More quotidian possibilities include eating corn on the cob with a fork (the kernels come off in sedate little rows, which for some reason exasperates all the males at the table) and developing ersatz but noisy phobias about bridges, escalators, and religious activities of any kind.

Rule Three:
Never lie. Childlike honesty throws Them completely off. Moreover, as parents are virtually made of lies (e.g., “Don’t be afraid of bullies; stand up to Them and they’ll run away,” “If you stop crying and wait till we get home, I’ll make you an apple pancake,” “We have no favorites; we love you all equally”), your speaking truth undermines Their ethical position. Furthermore, lying is a sophisticated art generally beyond even the most gifted youngster. Almost any effort is doomed. And, remember: your failure is Their success. It is essential to avoid any error that will invigorate Their sense of power, and Their joy in that power. The sight of a small boy pathetically trying to worm his way out of a spanking enchants Them even more than administering the spanking itself. If you must be spanked, despoil it of all savor. Be cold and adult about it, like George Will at the dentist. Or try to look embarrassed for Them, as if you had spotted Them committing some atrocious peccadillo in a secret spot. Advanced students may want to Do the Manly Thing and insist on taking it bare-bottom. With all but the most diehard parents, this will force Them to retreat, perhaps even apologize.

Rule Four:
Abjure reason and justice; only strength counts. As the tenant of a house owned by grown-ups, you are not the inhabitant of a moral universe: you live in a world populated exclusively by winners and losers. Show me a good loser, and I’ll show you a loser.

Rule Five:
Choose the major battles very carefully. Go to the mat over bedtime, food, and presents, major issues that will color your existence for nearly two decades. Don’t overextend yourself fighting over the small things—and of course it’s useful every so often to give in and let Them think They’re in charge.
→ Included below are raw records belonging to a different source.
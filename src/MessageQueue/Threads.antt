-- ===== src/MessageQueue/Threads.antt =====
-- Calls of several threads on one queue of src/MessageQueue.hpp, in any interleaving. A call goes
-- from one call of a ring, or of the client's code, to the next, when it need not wait there. A
-- call in flight is known by the block that it holds.
use reiser_rt_core.Prelude.{ℕ, ◌+◌, ◌≡◌, false, some, List, [], ◌∷◌, ◌++◌, ◌&&◌}
use reiser_rt_core.Prelude.Families.{update}
use reiser_rt_core.Outcome.{returns}
use reiser_rt_core.RingBufferGuarded.{done}
use reiser_rt_core.MessageQueue.{
  MessageQueue, raw_wait_and_get, raw_put_and_notify, cooked_put_and_notify, cooked_wait_and_get,
}
use reiser_rt_core.MessageQueue.Messages.{give_back_cooked}
use reiser_rt_core.MessageQueue.Contents.{Placed}

-- Where a call stands: `put` and `emplace` with a block, and with the message made in it;
-- `getAndDispatch` with the message, behind the wake-up function, behind the name, within the
-- dispatch, and on the way out.
pub data Pending (M : Type 0) : Type 0 where
  making : ℕ → Pending M
  made : ℕ → M → Pending M
  fetched : ℕ → M → Pending M
  named : ℕ → M → Pending M
  running : ℕ → M → Pending M
  ending : ℕ → Pending M

-- `sent` and `received` list the messages that went into the ring and that came out.
pub record Shared (M : Type 0) : Type 0 where
  pub queue : MessageQueue M
  pub calls : List (Pending M)
  pub sent : List (Placed M)
  pub received : List (Placed M)

-- `put` and `emplace`; `base m` is how far into the message `m` its base class `MessageBase` lies.
module _ {M : Type 0} (base : M → ℕ) where
  pub data PutStep (s : Shared M) : Shared M → Type 0 where
    takes :
        (a : ℕ)
        → (raw_wait_and_get s.queue).progress ≡ done (returns a)
        → PutStep s
            (record s { queue = (raw_wait_and_get s.queue).queue; calls = making a ∷ s.calls })
    -- The constructor of the message returns, and `RawMemoryManager` lets go of the block. What
    -- goes on is the pointer to the base class, as `cookedPutAndNotify` takes it.
    makes :
        (before after : List (Pending M)) (a : ℕ) (m : M)
        → s.calls ≡ before ++ making a ∷ after
        → PutStep s (record s {
          queue = record s.queue { objects = update s.queue.objects (a + base m) (some m) };
          calls = made (a + base m) m ∷ before ++ after;
        })
    -- The constructor of the message throws.
    fails :
        (before after : List (Pending M)) (a : ℕ)
        → s.calls ≡ before ++ making a ∷ after
        → PutStep s
            (record s { queue = (raw_put_and_notify a s.queue).queue; calls = before ++ after })
    sends :
        (before after : List (Pending M)) (a : ℕ) (m : M)
        → s.calls ≡ before ++ made a m ∷ after
        → PutStep s (record s {
          queue = (cooked_put_and_notify a s.queue).queue;
          calls = before ++ after;
          sent = s.sent ++ (a, m) ∷ [];
        })

-- `getAndDispatch`
module _ {M : Type 0} (name : M → ℕ) where
  pub data DispatchStep (s : Shared M) : Shared M → Type 0 where
    fetches :
        (a : ℕ) (m : M)
        → (cooked_wait_and_get s.queue).progress ≡ done (returns a)
        → (cooked_wait_and_get s.queue).queue.objects a ≡ some m
        → DispatchStep s (record s {
          queue = (cooked_wait_and_get s.queue).queue;
          calls = fetched a m ∷ s.calls;
          received = s.received ++ (a, m) ∷ [];
        })
    -- The wake-up function throws.
    drops :
        (before after : List (Pending M)) (a : ℕ) (m : M)
        → s.calls ≡ before ++ fetched a m ∷ after
        → DispatchStep s (record s { calls = ending a ∷ before ++ after })
    names :
        (before after : List (Pending M)) (a : ℕ) (m : M)
        → s.calls ≡ before ++ fetched a m ∷ after
        → DispatchStep s (record s {
          queue = record s.queue { name_of_last_message_dispatched = some (name m) };
          calls = named a m ∷ before ++ after;
        })
    -- The lock guard of the dispatch, and its end, with the dispatch returned or thrown.
    locks :
        (before after : List (Pending M)) (a : ℕ) (m : M)
        → s.calls ≡ before ++ named a m ∷ after
        → s.queue.dispatch_locking && s.queue.locked ≡ false
        → DispatchStep s (record s {
          queue = record s.queue { locked = s.queue.dispatch_locking };
          calls = running a m ∷ before ++ after;
        })
    unlocks :
        (before after : List (Pending M)) (a : ℕ) (m : M)
        → s.calls ≡ before ++ running a m ∷ after
        → DispatchStep s (record s {
          queue = record s.queue { locked = false };
          calls = ending a ∷ before ++ after;
        })
    leaves :
        (before after : List (Pending M)) (a : ℕ)
        → s.calls ≡ before ++ ending a ∷ after
        → DispatchStep s (record s {
          queue = (give_back_cooked {B = Unit {0}} a (returns tt) [] s.queue).queue;
          calls = before ++ after;
        })

module _ {M : Type 0} (base name : M → ℕ) where
  pub data Step (s t : Shared M) : Type 0 where
    puts : PutStep base s t → Step s t
    dispatches : DispatchStep name s t → Step s t

  pub data Reach (s : Shared M) : Shared M → Type 0 where
    here : Reach s s
    next : {t u : Shared M} → Reach s t → Step t u → Reach s u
This was where Ned went wrong. He let Mother set policy on such vital issues as whether or not he would stay up late on Saturday nights to watch
The Gale Storm Show,
or precisely what comprised an acceptable vegetable plate, but would fall into a Gatsbyian gloom over the shade of brown in his new shoes. Romanticism is impedient in childhood; it turns one inward, toward poetry perhaps but away from power.

One must be Nietzschean. One must exercise power to gain power; and be prepared for violence. Isn’t liberty worth it? True, I blush now when we all get together for viewings of our ancient home movies, when reel after reel reveals tantrums and riot: devastated birthday parties wherein I smash boxes of insulting gifts to the keening of wounded aunts; peaceful afternoons in the backyard worried by the sight of some crazed adult chasing me through the trees after a revolutionary act; festive recreation around some neighbor’s pool suddenly humiliated as I push deck chairs, a chaise longue, and the local poodle into the water because the hosts were serving an inferior brand of candy bar. So: there is no glamour in power. Yet it is worth taking; one ought to win; the winner lives.